Abstract
In this paper, we formulate the Capital Allocation problem as an optimization problem in
which we seek the mix of business that maximizes an insurance company’s Expected Net
After Tax Income subject to a constraint on the Tail Value at Risk (TVAR). Using the
method of Lagrange multipliers, we demonstrate that the returns on the respective TVAR
contributions, so-called RORAC, are equal across all lines of business when the mix of
business is optimal. We refer to this state as RORAC Equilibrium. We then investigate
the impact on RORAC Equilibrium of introducing premium constraints in the
optimization problem. We show that these constraints impose a cost on the company’s
Net After Tax Income.

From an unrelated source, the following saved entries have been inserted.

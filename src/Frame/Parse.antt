-- ===== src/Frame/Parse.antt =====
-- src/frame.c, bmqp_frame_parse against the frame format: round trip, partial input, soundness.
use beaver_mq.Prelude.{
  ℕ, suc, ◌+◌, ◌-◌, ◌*◌, ◌/◌, ◌%◌, ◌^◌, ◌≤◌, ◌<◌, ◌≡◌, refl, sym, ap, ◌∙◌, [], ◌∷◌, ◌++◌, Bytes,
  length, length-append, append_assoc, take, drop, take_append, length-take, split_at, All, ltb,
  ◌==◌, if◌then◌else◌, arith,
}
use beaver_mq.Frame.Reader.{byte}
use beaver_mq.Frame.Codec.{wire32}
use beaver_mq.Frame.Cursor.{byte-append, byte-append_head}
use beaver_mq.Frame.Envelope.{
  FrameHeader, Parsed, incomplete, bad, frame, frame_parse, frame_end, max_frame_payload,
}

-- The header of a frame as the protocol lays it out.
abbrev pub head_bytes : ℕ → ℕ → ℕ → Bytes
head_bytes type channel n = type ∷ (channel / 2 ^ 8 % 256) ∷ (channel % 256) ∷ wire32 n

-- A whole frame.
abbrev pub frame_bytes : ℕ → ℕ → Bytes → Bytes
frame_bytes type channel payload =
    head_bytes type channel (length payload) ++ (payload ++ frame_end ∷ [])

be16_lem : (v : ℕ) → v < 2 ^ 16 → v / 2 ^ 8 % 256 * 256 + v % 256 ≡ v
be16_lem v h = omega arith

be32_lem :
    (v : ℕ)
    → v < 2 ^ 32
    → v / 2 ^ 24 % 256 * 2 ^ 24 + v / 2 ^ 16 % 256 * 2 ^ 16 + v / 2 ^ 8 % 256 * 256 + v % 256 ≡ v
be32_lem v h = omega arith

-- What the parser does once the header is there.
abbrev after_header : FrameHeader → Bytes → Parsed
after_header h tl =
    let n = h.payload_len in
    if ltb max_frame_payload n
    then bad
    else if ltb (length tl) (n + 1)
    then incomplete
    else if byte tl n == frame_end
    then frame h (take n tl) (n + 8)
    else bad

frame_parse-head :
    (type channel n : ℕ) (tl : Bytes)
    → channel < 2 ^ 16
    → n < 2 ^ 32
    → frame_parse (head_bytes type channel n ++ tl)
      ≡ after_header (record { type = type; channel = channel; payload_len = n }) tl
unfolding frame_parse
frame_parse-head type channel n tl hc hn =
    let at : 7 + n + 1 - 1 ≡ 7 + n = omega arith in
    rw (be16_lem channel hc, be32_lem n hn, at, byte-append (head_bytes type channel n) tl n)
      (ground arith)

module _ (type channel : ℕ) (payload : Bytes) (hc : channel < 2 ^ 16)
    (hl : length payload ≤ max_frame_payload) where
  -- A frame at the front of the input is parsed whole, whatever follows it: its type, its channel,
  -- its payload, and its 8 bytes more than the payload's as the number consumed.
  pub frame_parse-frame_bytes :
      (rest : Bytes)
      → frame_parse (frame_bytes type channel payload ++ rest)
        ≡ frame
            (record { type = type; channel = channel; payload_len = length payload })
            payload
            (length payload + 8)
  frame_parse-frame_bytes rest =
      let tl = payload ++ (frame_end ∷ rest) in
      let long = length-append payload (frame_end ∷ rest) in
      let end : byte tl (length payload) ≡ frame_end =
        byte-append_head payload (frame_end ∷ rest) in
      rw
        (
          append_assoc payload (frame_end ∷ []) rest,
          frame_parse-head type channel (length payload) tl hc (omega arith),
          end,
          take_append payload (frame_end ∷ rest),
        )
        (ground (arith, long))

  -- Every proper prefix of a frame is incomplete: the parser asks for more input and reports no
  -- error, wherever the stream is cut.
  pub frame_parse-take :
      (k : ℕ)
      → k < length payload + 8
      → frame_parse (take k (frame_bytes type channel payload)) ≡ incomplete
  frame_parse-take (suc (suc (suc (suc (suc (suc (suc j))))))) h =
      let tl = payload ++ frame_end ∷ [] in
      let all = length-append payload (frame_end ∷ []) in
      rw (frame_parse-head type channel (length payload) (take j tl) hc (omega arith))
        (ground (arith, all, length-take j tl))
  frame_parse-take _ h = unfold frame_parse in refl

abbrev pub IsByte : ℕ → Type 0
IsByte v = v < 256

-- A result of the parser over its input.
pub record ParsedFrom (buf : Bytes) (h : FrameHeader) (p : Bytes) (n : ℕ) : Type 0 where
  pub whole : buf ≡ frame_bytes h.type h.channel p ++ drop n buf
  pub len : h.payload_len ≡ length p
  pub total : n ≡ length p + 8
  pub small : length p ≤ max_frame_payload

head_bytes-eq :
    (t a b d e f g : ℕ)
    → a < 256
    → b < 256
    → d < 256
    → e < 256
    → f < 256
    → g < 256
    → head_bytes t (a * 256 + b) (d * 2 ^ 24 + e * 2 ^ 16 + f * 256 + g)
      ≡ t ∷ a ∷ b ∷ d ∷ e ∷ f ∷ g ∷ []
head_bytes-eq t a b d e f g ha hb hd he hf hg = ground arith

after_header-frame :
    (h0 h : FrameHeader) (tl p : Bytes) (n : ℕ)
    → after_header h0 tl ≡ frame h p n
    → (h ≡ h0)
      × (p ≡ take h0.payload_len tl)
      × (n ≡ h0.payload_len + 8)
      × (h0.payload_len < length tl)
      × (byte tl h0.payload_len ≡ frame_end)
      × (h0.payload_len ≤ max_frame_payload)
after_header-frame h0 h tl p n e = ground arith

drop-head_bytes : (t c n : ℕ) (tl : Bytes) → drop (n + 8) (head_bytes t c n ++ tl) ≡ drop (n + 1) tl
drop-head_bytes t c n tl =
    let e : n + 8 ≡ suc (suc (suc (suc (suc (suc (suc (n + 1))))))) = omega arith in
    ap (λ k. drop k (head_bytes t c n ++ tl)) e

-- A tail that holds a payload of `n` bytes and the end byte.
frame_bytes-take :
    (t c n : ℕ) (tl : Bytes)
    → n < length tl
    → byte tl n ≡ frame_end
    → head_bytes t c n ++ tl ≡ frame_bytes t c (take n tl) ++ drop (n + 8) (head_bytes t c n ++ tl)
frame_bytes-take t c n tl h e =
    let len : length (take n tl) ≡ n = length-take n tl (omega arith) in
    rw
      (
        drop-head_bytes t c n tl,
        len,
        append_assoc (take n tl) (frame_end ∷ []) (drop (n + 1) tl),
        ← e,
      )
      (ap (λ u. head_bytes t c n ++ u) (split_at tl n 0 h))

ParsedFrom-after_header :
    (t c n0 : ℕ) (tl : Bytes) (h : FrameHeader) (p : Bytes) (n : ℕ)
    → after_header (record { type = t; channel = c; payload_len = n0 }) tl ≡ frame h p n
    → ParsedFrom (head_bytes t c n0 ++ tl) h p n
ParsedFrom-after_header t c n0 tl h p n ok =
    let (eh, ep, en, lt, end, max) =
      after_header-frame (record { type = t; channel = c; payload_len = n0 }) h tl p n ok in
    let len : length (take n0 tl) ≡ n0 = length-take n0 tl (omega arith) in
    rw (eh, ep, en)
      (record {
        whole = frame_bytes-take t c n0 tl lt end;
        len = sym len;
        total = omega (arith, len);
        small = omega (arith, len);
      })

frame_parse-short : (buf : Bytes) → length buf < 7 → frame_parse buf ≡ incomplete
unfolding frame_parse
frame_parse-short buf h = ground arith

-- A frame that the parser returns stands at the front of the input, byte for byte; the consumed
-- count is its length, and its payload is at most 16 MiB.
pub frame_parse-ParsedFrom :
    (buf : Bytes) (h : FrameHeader) (p : Bytes) (n : ℕ)
    → All IsByte buf
    → frame_parse buf ≡ frame h p n
    → ParsedFrom buf h p n
frame_parse-ParsedFrom (t ∷ a ∷ b ∷ d ∷ e ∷ f ∷ g ∷ tl) h p n
      (bt, (ba, (bb, (bd, (be, (bf, (bg, rest))))))) ok =
    let len = d * 2 ^ 24 + e * 2 ^ 16 + f * 256 + g in
    let c = a * 256 + b in
    let head = head_bytes-eq t a b d e f g ba bb bd be bf bg in
    let same : head_bytes t c len ++ tl ≡ t ∷ a ∷ b ∷ d ∷ e ∷ f ∷ g ∷ tl = ap (λ u. u ++ tl) head in
    let parse = frame_parse-head t c len tl (omega arith) (omega arith) in
    rw (← same) (ParsedFrom-after_header t c len tl h p n (sym parse ∙ rw (← same) at ok))
frame_parse-ParsedFrom buf h p n bytes ok = cc (frame_parse-short buf (omega arith))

When the line of business returns are adjusted for the applicable
costs, equilibrium is maintained. Using commercially available optimization software,
we solve the optimization problem for a fictitious start-up company and we show several
points on the so-called efficient frontier curve of the company. Cases with various
premium constraints are also examined. Although the discussions in this paper center on
the TVAR, the conclusions hold true for any conditional expected value measure.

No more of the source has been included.